INSTRUCTIONS FOR THE TASK | The answer should hold exactly the lines of the entries below from the one containing "((v : Bytes)" through the last line, both included.

+--

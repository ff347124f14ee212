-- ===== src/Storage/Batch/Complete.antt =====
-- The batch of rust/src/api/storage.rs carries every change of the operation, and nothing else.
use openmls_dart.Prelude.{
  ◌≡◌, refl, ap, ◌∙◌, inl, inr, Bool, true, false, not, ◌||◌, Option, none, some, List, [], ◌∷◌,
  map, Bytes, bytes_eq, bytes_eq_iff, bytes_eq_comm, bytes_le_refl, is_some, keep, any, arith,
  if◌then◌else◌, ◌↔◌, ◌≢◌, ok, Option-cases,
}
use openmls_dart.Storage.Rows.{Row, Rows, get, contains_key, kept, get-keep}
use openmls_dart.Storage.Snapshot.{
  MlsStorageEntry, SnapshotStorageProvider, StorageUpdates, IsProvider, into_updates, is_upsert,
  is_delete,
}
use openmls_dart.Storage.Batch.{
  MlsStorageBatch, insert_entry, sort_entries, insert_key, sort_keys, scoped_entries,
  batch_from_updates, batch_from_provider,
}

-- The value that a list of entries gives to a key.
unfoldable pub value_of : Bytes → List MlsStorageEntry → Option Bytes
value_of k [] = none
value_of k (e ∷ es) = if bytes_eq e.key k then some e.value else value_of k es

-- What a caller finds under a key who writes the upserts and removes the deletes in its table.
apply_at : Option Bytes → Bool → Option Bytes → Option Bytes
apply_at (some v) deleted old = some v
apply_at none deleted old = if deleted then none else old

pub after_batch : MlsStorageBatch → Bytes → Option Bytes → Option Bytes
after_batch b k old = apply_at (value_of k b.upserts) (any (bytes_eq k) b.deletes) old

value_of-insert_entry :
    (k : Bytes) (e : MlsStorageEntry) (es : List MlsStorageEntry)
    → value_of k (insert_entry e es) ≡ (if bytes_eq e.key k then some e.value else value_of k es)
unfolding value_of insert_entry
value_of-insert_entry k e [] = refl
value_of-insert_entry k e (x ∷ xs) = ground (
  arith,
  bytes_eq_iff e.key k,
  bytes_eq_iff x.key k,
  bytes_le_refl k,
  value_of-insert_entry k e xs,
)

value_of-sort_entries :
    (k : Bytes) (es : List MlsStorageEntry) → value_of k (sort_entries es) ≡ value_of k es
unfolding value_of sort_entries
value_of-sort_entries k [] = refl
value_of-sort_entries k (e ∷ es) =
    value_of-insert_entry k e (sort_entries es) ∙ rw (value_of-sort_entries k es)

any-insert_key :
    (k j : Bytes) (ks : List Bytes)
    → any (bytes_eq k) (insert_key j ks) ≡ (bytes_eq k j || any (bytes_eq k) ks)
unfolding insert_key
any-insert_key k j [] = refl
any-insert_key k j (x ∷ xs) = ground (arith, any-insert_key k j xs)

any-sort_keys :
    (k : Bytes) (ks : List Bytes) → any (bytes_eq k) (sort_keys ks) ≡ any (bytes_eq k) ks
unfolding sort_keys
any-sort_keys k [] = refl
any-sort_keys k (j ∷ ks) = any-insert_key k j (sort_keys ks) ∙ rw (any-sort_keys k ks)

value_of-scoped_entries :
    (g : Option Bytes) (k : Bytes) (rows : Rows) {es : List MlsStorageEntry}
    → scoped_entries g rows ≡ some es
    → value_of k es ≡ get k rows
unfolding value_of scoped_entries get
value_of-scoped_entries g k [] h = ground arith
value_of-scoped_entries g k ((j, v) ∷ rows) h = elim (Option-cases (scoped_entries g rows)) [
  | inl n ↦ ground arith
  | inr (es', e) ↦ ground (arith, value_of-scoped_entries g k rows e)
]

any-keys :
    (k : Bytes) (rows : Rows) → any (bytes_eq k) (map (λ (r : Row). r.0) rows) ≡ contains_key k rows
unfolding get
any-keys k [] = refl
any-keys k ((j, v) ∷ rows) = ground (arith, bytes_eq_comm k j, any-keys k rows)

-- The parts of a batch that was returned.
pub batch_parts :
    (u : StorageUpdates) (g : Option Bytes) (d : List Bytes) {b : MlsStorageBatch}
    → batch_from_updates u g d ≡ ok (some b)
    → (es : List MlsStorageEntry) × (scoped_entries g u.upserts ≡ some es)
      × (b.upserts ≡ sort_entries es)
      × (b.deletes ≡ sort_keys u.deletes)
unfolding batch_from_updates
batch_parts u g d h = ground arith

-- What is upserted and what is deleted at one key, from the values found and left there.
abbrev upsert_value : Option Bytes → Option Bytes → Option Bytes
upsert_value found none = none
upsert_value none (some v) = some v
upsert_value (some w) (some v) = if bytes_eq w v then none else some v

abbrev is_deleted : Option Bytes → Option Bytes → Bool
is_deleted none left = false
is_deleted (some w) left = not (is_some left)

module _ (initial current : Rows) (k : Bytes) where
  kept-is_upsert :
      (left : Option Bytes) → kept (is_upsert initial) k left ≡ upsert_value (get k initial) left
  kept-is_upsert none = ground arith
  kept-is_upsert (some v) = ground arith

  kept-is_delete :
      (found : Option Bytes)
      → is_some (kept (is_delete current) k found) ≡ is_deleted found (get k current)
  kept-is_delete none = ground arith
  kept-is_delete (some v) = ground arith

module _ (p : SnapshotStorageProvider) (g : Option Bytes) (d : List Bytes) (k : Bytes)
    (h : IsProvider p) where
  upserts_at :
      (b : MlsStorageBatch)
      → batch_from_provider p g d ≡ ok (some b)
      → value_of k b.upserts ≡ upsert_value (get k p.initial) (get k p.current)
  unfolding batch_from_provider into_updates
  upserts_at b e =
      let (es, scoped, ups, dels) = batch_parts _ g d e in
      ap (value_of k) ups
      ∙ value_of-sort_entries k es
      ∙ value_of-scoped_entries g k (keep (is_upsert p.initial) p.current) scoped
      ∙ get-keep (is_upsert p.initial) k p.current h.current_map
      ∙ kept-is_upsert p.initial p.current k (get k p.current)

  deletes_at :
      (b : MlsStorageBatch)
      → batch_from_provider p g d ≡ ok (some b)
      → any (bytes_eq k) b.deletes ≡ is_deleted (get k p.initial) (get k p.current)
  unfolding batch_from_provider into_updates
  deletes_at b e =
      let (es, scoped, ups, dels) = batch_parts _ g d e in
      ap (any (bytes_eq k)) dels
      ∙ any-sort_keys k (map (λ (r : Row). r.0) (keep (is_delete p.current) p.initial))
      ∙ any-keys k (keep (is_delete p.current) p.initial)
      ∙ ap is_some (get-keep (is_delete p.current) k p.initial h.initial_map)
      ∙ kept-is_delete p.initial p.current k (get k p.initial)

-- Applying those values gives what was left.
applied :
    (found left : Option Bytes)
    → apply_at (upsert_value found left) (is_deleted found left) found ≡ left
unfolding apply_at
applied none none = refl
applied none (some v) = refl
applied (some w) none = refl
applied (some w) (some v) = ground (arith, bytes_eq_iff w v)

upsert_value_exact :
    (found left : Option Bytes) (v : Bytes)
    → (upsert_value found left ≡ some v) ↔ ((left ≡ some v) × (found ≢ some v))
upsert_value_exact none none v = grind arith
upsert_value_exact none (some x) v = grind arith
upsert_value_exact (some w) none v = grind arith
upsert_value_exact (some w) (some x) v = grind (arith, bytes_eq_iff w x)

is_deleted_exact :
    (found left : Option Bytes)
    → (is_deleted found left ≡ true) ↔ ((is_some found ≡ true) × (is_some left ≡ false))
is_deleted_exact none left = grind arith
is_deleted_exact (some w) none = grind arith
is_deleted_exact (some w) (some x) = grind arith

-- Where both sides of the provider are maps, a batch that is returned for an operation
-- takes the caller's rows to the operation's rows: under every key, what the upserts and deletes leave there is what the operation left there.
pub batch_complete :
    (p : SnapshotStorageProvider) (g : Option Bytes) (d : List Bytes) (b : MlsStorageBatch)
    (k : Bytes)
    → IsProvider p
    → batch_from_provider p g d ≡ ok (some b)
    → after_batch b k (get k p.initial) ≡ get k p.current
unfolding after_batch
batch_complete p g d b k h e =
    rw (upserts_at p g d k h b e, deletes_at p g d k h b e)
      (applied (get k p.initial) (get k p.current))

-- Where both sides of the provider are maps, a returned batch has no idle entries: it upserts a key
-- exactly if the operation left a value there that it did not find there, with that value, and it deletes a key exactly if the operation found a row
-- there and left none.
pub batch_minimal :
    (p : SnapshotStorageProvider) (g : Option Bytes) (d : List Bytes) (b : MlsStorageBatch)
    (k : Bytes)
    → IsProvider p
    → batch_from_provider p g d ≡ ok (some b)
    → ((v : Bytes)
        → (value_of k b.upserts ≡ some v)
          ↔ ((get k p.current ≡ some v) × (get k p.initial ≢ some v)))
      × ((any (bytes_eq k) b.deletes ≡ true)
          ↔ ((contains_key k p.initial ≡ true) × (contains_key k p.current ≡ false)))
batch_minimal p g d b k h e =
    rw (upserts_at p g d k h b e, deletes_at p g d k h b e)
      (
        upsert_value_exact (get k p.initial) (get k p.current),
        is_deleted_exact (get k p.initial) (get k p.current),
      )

+--

EXERCISE SOLUTION |
    → ((v : Bytes)
        → (value_of k b.upserts ≡ some v)
          ↔ ((get k p.current ≡ some v) × (get k p.initial ≢ some v)))
      × ((any (bytes_eq k) b.deletes ≡ true)
          ↔ ((contains_key k p.initial ≡ true) × (contains_key k p.current ≡ false)))
batch_minimal p g d b k h e =
    rw (upserts_at p g d k h b e, deletes_at p g d k h b e)
      (
        upsert_value_exact (get k p.initial) (get k p.current),
        is_deleted_exact (get k p.initial) (get k p.current),
      )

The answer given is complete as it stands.